Neutralité en entreprise : la ministre ouvre la porte à toutes les dérives racistes

Adopté au dernier moment, l’article 1bis de la loi Travail, relayé par un guide de la DGT qui sortira en octobre, prévoit la possibilité pour les employeurs, via le règlement intérieur, d’instaurer le principe de « neutralité » et de « restreindre la manifestation des convictions des salariés » au nom du « bon fonctionnement de l’entreprise ».

D’ores et déjà apparaissent dans certaines entreprises des « chartes de la laïcité » contenant des interdictions générales et absolues d’afficher une croyance religieuse, et parfois même une opinion politique.

Les personnes de confession musulmane, ou supposées telles, vont en premier lieu faire les frais des restrictions de liberté et du traitement discriminatoire qui se mettent aujourd’hui en place sous couvert de neutralité, de laïcité, voire de féminisme.

L’article 1bis de la loi El Khomri, dont même l’Observatoire de la laïcité avait exigé le retrait, sera sans nul doute contesté devant le Conseil constitutionnel ou la Cour européenne des droits de l’Homme. Mais dans l’attente des dizaines voire des centaines de femmes pourront être licenciées et exclues du travail au seul motif du port du voile. Bel exemple d’une politique d’émancipation… Ni l’Etat ni l’entreprise n’ont à règlementer la religion, c’est aux femmes de décider !

Elles continueront à subir un acharnement raciste et islamophobe qui s’enracine à tous les niveaux de l’Etat et de la société, qui s’attaque au « vivre ensemble » et qui a des a des conséquences dramatiques pour ceux et celles qui en sont victimes : stigmatisation, humiliations, exclusions d’espaces publics et privés.

Depuis 2004, les interdictions du port du voile et les actes d’extension du principe de neutralité religieuse se multiplient – au sein du service public aussi, où fleurissent les affiches rappelant que « la République se vit à visage découvert ». On observe mêmes des incitations illégales ne pas accueillir ou renseigner les usagères voilées, à ne pas leur accorder le bénéfice de tel ou tel dispositif, à leur demander de se « dévoiler ». Ces consignes stigmatisantes n’ont pour effet que de priver d’accès au service public une partie de la population.

Encore une fois, le gouvernement et les élus locaux se servent de l’émotion causée par les attentats intervenus ces dernier mois pour multiplier les contrefeux racistes et sexistes.
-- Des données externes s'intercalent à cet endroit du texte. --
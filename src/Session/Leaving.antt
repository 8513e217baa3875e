-- ===== src/Session/Leaving.antt =====
-- What the end of a connection leaves behind (internal/server/mcpe_player_sync.go, `removePlayer`).
use open_ai_mc_be_server.Prelude.{
  ==_iff, ◌∙◌, ℕ, ◌<◌, ◌≡◌, Bool, true, false, List, some, refl, arith, inl, inr, Bool-cases, ◌==◌,
  sym,
}
use open_ai_mc_be_server.Prelude.Dict.{lookup, erase, lookup-erase}
use open_ai_mc_be_server.Session.State.{
  remove_actor, player_list_remove, player_left, is_spawned, disconnected, Message, Server, done,
  assign, ignore, spawned_players,
}
use open_ai_mc_be_server.Session.Players.{
  write_packet_to_clients, table_without, say_goodbye, forget, remove_player, holds, or_return,
}
use open_ai_mc_be_server.Session.Writes.{
  Same-refl, Same-trans, write_packet_to_clients-WritesOnly, Same,
}
use open_ai_mc_be_server.Session.Table.{Same-IsTable, IsTable, assign-Keeps}

module _ (delivers : ℕ → Message → Bool) where
  farewell-Same :
      (b : Bool) (others : List ℕ) (s : Server)
      → Same s (or_return b (ignore (write_packet_to_clients delivers others player_left)) s).1
  farewell-Same true others s = write_packet_to_clients-WritesOnly delivers others player_left s
  farewell-Same false others s = Same-refl s

  goodbye-Same :
      (ref : ℕ) (others : List ℕ) (s : Server) → Same s (say_goodbye delivers ref others s).1
  goodbye-Same ref others s =
      let to_all = write_packet_to_clients delivers others in
      let removed = (to_all player_list_remove s).1 in
      let gone = (to_all remove_actor removed).1 in
      Same-trans
        (Same-trans (write_packet_to_clients-WritesOnly delivers others player_list_remove s)
          (write_packet_to_clients-WritesOnly delivers others remove_actor removed))
        (farewell-Same (is_spawned (s.clients ref).state) others gone)

  goodbye-done :
      (ref : ℕ) (others : List ℕ) (s : Server) → (say_goodbye delivers ref others s).0 ≡ done
  goodbye-done ref others s = elim (Bool-cases (is_spawned (s.clients ref).state)) [
    | inl e ↦ rw e refl
    | inr e ↦ rw e refl
  ]

  without-IsTable : (id : ℕ) (s : Server) → IsTable s → IsTable (table_without delivers id s)
  without-IsTable id s t = record {
    listed = λ other ref e.
        let q = sym (lookup-erase id other s.players) ∙ e in
        elim (Bool-cases (id == other)) [
          | inl same ↦ cc
          | inr diff ↦ t.listed other ref (sym (rw diff) ∙ q)
        ];
  }

  -- The server when all others were told.
  abbrev told : ℕ → ℕ → Server → Server
  told ref id s =
      let s' = table_without delivers id s in (say_goodbye delivers ref (spawned_players s') s').1

  forget_lem :
      (ref id : ℕ) (s : Server)
      → forget delivers ref id s
        ≡ assign ref (λ c. record c { state = disconnected }) (told ref id s)
  forget_lem ref id s =
      let s' = table_without delivers id s in rw (goodbye-done ref (spawned_players s') s') refl

  forget-IsTable : (ref id : ℕ) (s : Server) → IsTable s → IsTable (forget delivers ref id s).1
  forget-IsTable ref id s t = rw (forget_lem ref id s) (
      (assign-Keeps ref _ (λ c u. u)).keep (told ref id s)
        (Same-IsTable (goodbye-Same ref _ (table_without delivers id s)) (without-IsTable id s t)))

  left_lem :
      (ref id : ℕ) (s : Server)
      → let s' = (assign ref (λ c. record c { state = disconnected }) (told ref id s)).1 in
        (s'.players ≡ erase id s.players) × ((s'.clients ref).state ≡ disconnected)
  unfolding assign
  left_lem ref id s = (
    (goodbye-Same ref _ (table_without delivers id s)).same_players,
    rw ((==_iff ref ref).1 refl) refl,
  )

  -- `removePlayer` keeps the table of players sound, whichever of the writes to the others
  -- fail.
  pub remove_player-IsTable :
      (ref : ℕ) (s : Server) → IsTable s → IsTable (remove_player delivers ref s).1
  unfolding remove_player
  remove_player-IsTable ref s t =
      let id = (s.clients ref).runtime_id in
      elim (Bool-cases (id == 0)) [
        | inl e ↦ rw e t
        | inr e ↦ elim (Bool-cases (holds (lookup id s.players) ref)) [
          | inl h ↦ rw (e, h) (forget-IsTable ref id s t)
          | inr h ↦ rw (e, h) t
        ]
      ]

  -- `removePlayer` on a client with a positive runtime id under which the table lists it
  -- erases that id from the table and nothing else, and the client ends disconnected,
  -- whichever of the writes to the others fail.
  pub remove_player_lem :
      (ref : ℕ) (s : Server)
      → 0 < (s.clients ref).runtime_id
      → lookup (s.clients ref).runtime_id s.players ≡ some ref
      → let s' = (remove_player delivers ref s).1 in
        (s'.players ≡ erase (s.clients ref).runtime_id s.players)
        × ((s'.clients ref).state ≡ disconnected)
  unfolding remove_player
  remove_player_lem ref s pos_id e =
      let id = (s.clients ref).runtime_id in
      let there : (id == 0) ≡ false = ground arith in
      let own : holds (lookup id s.players) ref ≡ true = rw e ((==_iff ref ref).1 refl) in
      rw (there, own, forget_lem ref id s) (left_lem ref id s)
Avec « l’affaire du burkini » cet été – assimilant des femmes à des terroristes – nous avons vu avec sidération un premier ministre cautionner des atteintes graves et manifestement illicites aux libertés publiques, puis persister malgré la censure du Conseil d’Etat.

Si nous condamnons ces attentats, nous dénonçons également l’exploitation honteuse qui en est faite par le gouvernement, qui tente de faire oublier son bilan catastrophique en matière économique et sociale et de détourner la colère sociale qui s’est exprimée au printemps contre la loi Travail.

Au-delà d’une nouvelle attaque contre la liberté de conscience, c’est l’expression de toutes les opinions : syndicales, politiques, philosophiques… qui pourrait être muselée. Avec la loi Travail, le gouvernement veut faire régner dans l’entreprise le même régime de caserne que celui mis en place dans la rue à la faveur de l’état d’urgence, nous ne l’acceptons pas !

La CGT-TEFP combat et dénonce toutes les déclarations et amalgames racistes qui se multiplient et toute instrumentalisation raciste de la laïcité.

Nous refusons toutes les tentatives de désigner un « ennemi de l’intérieur », quel qu’il soit, afin de créer une prétendue « union nationale » derrière le gouvernement.

Nous défendons les libertés individuelles et les droits d’expression dans l’entreprise.

Nous revendiquons un service public du travail et de l’emploi accessible à droits égaux à toutes et tous.